Your task is to transcribe the entries below exactly, from their first line down to the line containing "clears : QueueCall", and to stop there.

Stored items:
####

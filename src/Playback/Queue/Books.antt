-- ===== src/Playback/Queue/Books.antt =====
-- The counters of the queue against its calls.
use lclva.Prelude.{ℕ, ◌+◌, ◌≤◌, ◌≡◌, ◌≢◌, Bool, List, [], ◌∷◌, u64, if◌then◌else◌, length}
use lclva.Event.Types.{TurnId}
use lclva.Playback.Queue.{
  AudioChunk, PlaybackQueue, enqueue, pushed, cancelled, waits, blocking_round, dequeue_active,
  invalidate_before, clear,
}

pub data QueueCall : Type 0 where
  enqueues : AudioChunk → QueueCall
  enqueues_blocking : AudioChunk → (is_cancelled : Bool) → QueueCall
  dequeues : TurnId → QueueCall
  invalidates : TurnId → QueueCall
  clears : QueueCall

-- A blocking call is a round of its loop; the round that waits or ends by the token changes nothing.
-- The queue behind a call, and 1 if the call was an `enqueue` that was refused.
unfoldable pub call : PlaybackQueue → QueueCall → PlaybackQueue × ℕ
call p (enqueues c) = let (p', accepted) = enqueue p c in (p', if accepted then 0 else 1)
call p (enqueues_blocking c is_cancelled) =
    (elim (blocking_round p c is_cancelled) [ pushed p' ↦ p' | cancelled ↦ p | waits ↦ p ], 0)
call p (dequeues active) = ((dequeue_active p active).0, 0)
call p (invalidates next_turn) = ((invalidate_before p next_turn).0, 0)
call p clears = ((clear p).0, 0)

-- The queue behind a list of calls, and how many chunks were refused.
unfoldable pub calls : PlaybackQueue → List QueueCall → PlaybackQueue × ℕ
calls p [] = (p, 0)
calls p (c ∷ cs) = let (p', n) = call p c in let (p'', m) = calls p' cs in (p'', n + m)

-- Every chunk that was offered is still queued, was taken out, or was dropped.
abbrev pub Balanced : PlaybackQueue → ℕ → PlaybackQueue → Type 0
Balanced p refused p' =
    u64 (p'.enqueued + refused + p.dequeued + p.drops + length p.q)
    ≡ u64 (p.enqueued + p'.dequeued + p'.drops + length p'.q)

abbrev pub IsBounded : PlaybackQueue → Type 0
IsBounded p = p.cap ≢ 0 → length p.q ≤ p.cap
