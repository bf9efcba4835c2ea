-- ===== src/Playback/Queue/Room.antt =====
-- When a chunk is accepted.
use lclva.Prelude.{
  ◌+◌, ◌≡◌, [], ◌∷◌, ◌++◌, Bool, ◌||◌, arith, u64, if◌then◌else◌, length, ltb, ◌==◌,
}
use lclva.Playback.Queue.{AudioChunk, PlaybackQueue, enqueue}

abbrev pub has_room : PlaybackQueue → Bool
has_room p = p.cap == 0 || ltb (length p.q) p.cap

-- Whether a chunk is accepted depends on room alone, never on its turn: also a chunk of a turn that
-- has just been invalidated is queued, at the end, and a refused chunk changes only the counter.
pub enqueue_lem :
    (p : PlaybackQueue) (chunk : AudioChunk)
    → let (p', accepted) = enqueue p chunk in
      (accepted ≡ has_room p)
      × (p'.q ≡ (if has_room p then p.q ++ chunk ∷ [] else p.q))
      × (p'.drops ≡ (if has_room p then p.drops else u64 (p.drops + 1)))
unfolding enqueue
enqueue_lem p chunk = (ground arith, ground arith, ground arith)
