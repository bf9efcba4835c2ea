-- ===== src/Playback/Queue/Tests.antt =====
-- A queue of at most three chunks with chunks of turns 1 and 2.
use lclva.Prelude.{
  ℕ, ◌+◌, ◌≡◌, ◌≢◌, refl, List, [], ◌∷◌, some, true, false, arith, u64, length, All,
}
use lclva.Playback.Queue.{
  AudioChunk, PlaybackQueue, enqueue, blocking_round, enqueue_blocking, dequeue_active,
  invalidate_before,
}
use lclva.Playback.Queue.Order.{
  Dequeued, dequeue_active_lem, invalidate_before_lem, drain, drain_in_order,
}
use lclva.Playback.Queue.Books.{
  QueueCall, enqueues, enqueues_blocking, dequeues, invalidates, call, calls,
}
use lclva.Playback.Queue.Room.{enqueue_lem}

abbrev chunk : ℕ → ℕ → AudioChunk
chunk turn seq = record { turn = turn; seq = seq; samples = 5 ∷ 6 ∷ []; end_of_sentence = true }

abbrev full : PlaybackQueue
full = record {
  q = chunk 1 0 ∷ chunk 2 0 ∷ chunk 2 1 ∷ [];
  cap = 3;
  drops = 0;
  enqueued = 3;
  dequeued = 0;
}

abbrev session : List QueueCall
session =
    enqueues (chunk 2 2)
    ∷ enqueues_blocking (chunk 2 2) false
    ∷ dequeues 2
    ∷ enqueues_blocking (chunk 1 1) false
    ∷ invalidates 2
    ∷ []

session_end :
    ((calls full session).0.q ≡ chunk 2 1 ∷ [])
    × ((calls full session).0.drops ≡ 3)
    × ((calls full session).1 ≡ 1)
unfolding calls call enqueue blocking_round dequeue_active invalidate_before
session_end = (refl, refl, refl)

stale_head_dropped :
    (stale : List AudioChunk) × All (λ c. c.turn ≢ 2) stale
    × (u64 (dequeue_active full 2).0.drops ≡ u64 (0 + length stale))
    × Dequeued full 2 stale (dequeue_active full 2)
stale_head_dropped = dequeue_active_lem full 2

later_turns_kept : (invalidate_before full 2).0.q ≡ chunk 2 0 ∷ chunk 2 1 ∷ []
later_turns_kept = (invalidate_before_lem full 2).0

drain_in_order_example : drain 4 full 2 ≡ chunk 2 0 ∷ chunk 2 1 ∷ []
drain_in_order_example = drain_in_order 4 full 2 (omega arith)

full_queue_rejects : (enqueue full (chunk 1 1)).1 ≡ false
full_queue_rejects = (enqueue_lem full (chunk 1 1)).0

-- The consumer takes a chunk in the second round.
blocked_once :
    enqueue_blocking full
      (chunk 2 2)
      ((false, λ p. p) ∷ (false, λ p. record p { q = [] }) ∷ (true, λ p. p) ∷ [])
    ≡ some (record full { q = chunk 2 2 ∷ []; enqueued = 4 }, true)
unfolding enqueue_blocking
blocked_once = refl
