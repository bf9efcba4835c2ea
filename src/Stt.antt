-- ===== src/Stt.antt =====
-- Speech recognition: src/stt.
pub mod Base64
pub mod Envelope
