-- ===== src/Stt/Base64.antt =====
-- src/stt/realtime_envelope.cpp: base64. A text is the list of its bytes; the pieces of a triple do not
-- overlap, so that shifts and bitwise or are products and sums, and a mask is a remainder.
pub mod RoundTrip
mod Tests
use lclva.Prelude.{
  ℕ, ◌+◌, ◌-◌, ◌*◌, ◌/◌, ◌%◌, List, [], ◌∷◌, ◌++◌, Option, none, some, Bool, true, false, not, ◌&&◌,
  if◌then◌else◌, leb, ltb, ◌==◌, length,
}

-- The alphabet.
abbrev pub alpha : ℕ → ℕ
alpha i =
    if ltb i 26
    then i + 65
    else if ltb i 52
    then i + 71
    else if ltb i 62
    then i - 4
    else if i == 62
    then 43
    else 47

-- `kBase64Lookup`, with none for -1.
abbrev pub lookup : ℕ → Option ℕ
lookup c =
    if leb 65 c && leb c 90
    then some (c - 65)
    else if leb 97 c && leb c 122
    then some (c - 71)
    else if leb 48 c && leb c 57
    then some (c + 4)
    else if c == 43
    then some 62
    else if c == 47
    then some 63
    else none

abbrev pub padding : ℕ
padding = 61

abbrev pub triple : ℕ → ℕ → ℕ → ℕ
triple a b c = a * 65536 + b * 256 + c

-- The characters of a triple.
abbrev pub first : ℕ → ℕ
first t = alpha (t / 262144 % 64)

abbrev pub second : ℕ → ℕ
second t = alpha (t / 4096 % 64)

abbrev pub third : ℕ → ℕ
third t = alpha (t / 64 % 64)

abbrev pub fourth : ℕ → ℕ
fourth t = alpha (t % 64)

-- Three bytes in each round; a missing one counts as 0, and its character is the padding.
unfoldable pub base64_encode : List ℕ → List ℕ
base64_encode [] = []
base64_encode (a ∷ []) = let t = triple a 0 0 in first t ∷ second t ∷ padding ∷ padding ∷ []
base64_encode (a ∷ b ∷ []) = let t = triple a b 0 in first t ∷ second t ∷ third t ∷ padding ∷ []
base64_encode (a ∷ b ∷ c ∷ s) =
    let t = triple a b c in first t ∷ second t ∷ third t ∷ fourth t ∷ base64_encode s

-- A group of four: what it gives, and whether the loop goes on.
pub data Group : Type 0 where
  malformed : Group
  last_group full_group : List ℕ → Group

abbrev pub of_four : ℕ → ℕ → ℕ → Option ℕ → Group
of_four a b c none = malformed
of_four a b c (some d) =
    let t = triple (a * 4) 0 0 + b * 4096 + c * 64 + d in
    full_group (t / 65536 % 256 ∷ t / 256 % 256 ∷ t % 256 ∷ [])

abbrev pub of_three : ℕ → ℕ → Option ℕ → ℕ → Group
of_three a b none d = malformed
of_three a b (some c) d =
    if d == padding
    then (let t = triple (a * 4) 0 0 + b * 4096 + c * 64 in
        if c % 4 == 0 then last_group (t / 65536 % 256 ∷ t / 256 % 256 ∷ []) else malformed)
    else of_four a b c (lookup d)

abbrev pub of_two : Option ℕ → Option ℕ → ℕ → ℕ → Group
of_two none b c d = malformed
of_two (some a) none c d = malformed
of_two (some a) (some b) c d =
    if c == padding
    then (if not (d == padding)
        then malformed
        else if b % 16 == 0
        then last_group ((triple (a * 4) 0 0 + b * 4096) / 65536 % 256 ∷ [])
        else malformed)
    else of_three a b (lookup c) d

unfoldable pub group : ℕ → ℕ → ℕ → ℕ → Group
group a b c d = of_two (lookup a) (lookup b) c d

-- What stands behind a padded group is not looked at.
abbrev pub put : Group → Option (List ℕ) → Option (List ℕ)
put malformed rest = none
put (last_group bytes) rest = some bytes
put (full_group bytes) none = none
put (full_group bytes) (some rest) = some (bytes ++ rest)

-- The loop, for a length that is a multiple of 4.
unfoldable pub decode_groups : List ℕ → Option (List ℕ)
unfolding group
decode_groups (a ∷ b ∷ c ∷ d ∷ s) = put (group a b c d) (decode_groups s)
decode_groups _ = some []

unfoldable pub base64_decode : List ℕ → Option (List ℕ)
unfolding decode_groups
base64_decode input = if not (length input % 4 == 0) then none else decode_groups input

####

### WRITTEN SOLUTION
filename src/Playback/Queue/Books.antt
-- ===== src/Playback/Queue/Books.antt =====
-- The counters of the queue against its calls.
use lclva.Prelude.{ℕ, ◌+◌, ◌≤◌, ◌≡◌, ◌≢◌, Bool, List, [], ◌∷◌, u64, if◌then◌else◌, length}
use lclva.Event.Types.{TurnId}
use lclva.Playback.Queue.{
  AudioChunk, PlaybackQueue, enqueue, pushed, cancelled, waits, blocking_round, dequeue_active,
  invalidate_before, clear,
}

pub data QueueCall : Type 0 where
  enqueues : AudioChunk → QueueCall
  enqueues_blocking : AudioChunk → (is_cancelled : Bool) → QueueCall
  dequeues : TurnId → QueueCall
  invalidates : TurnId → QueueCall
  clears : QueueCall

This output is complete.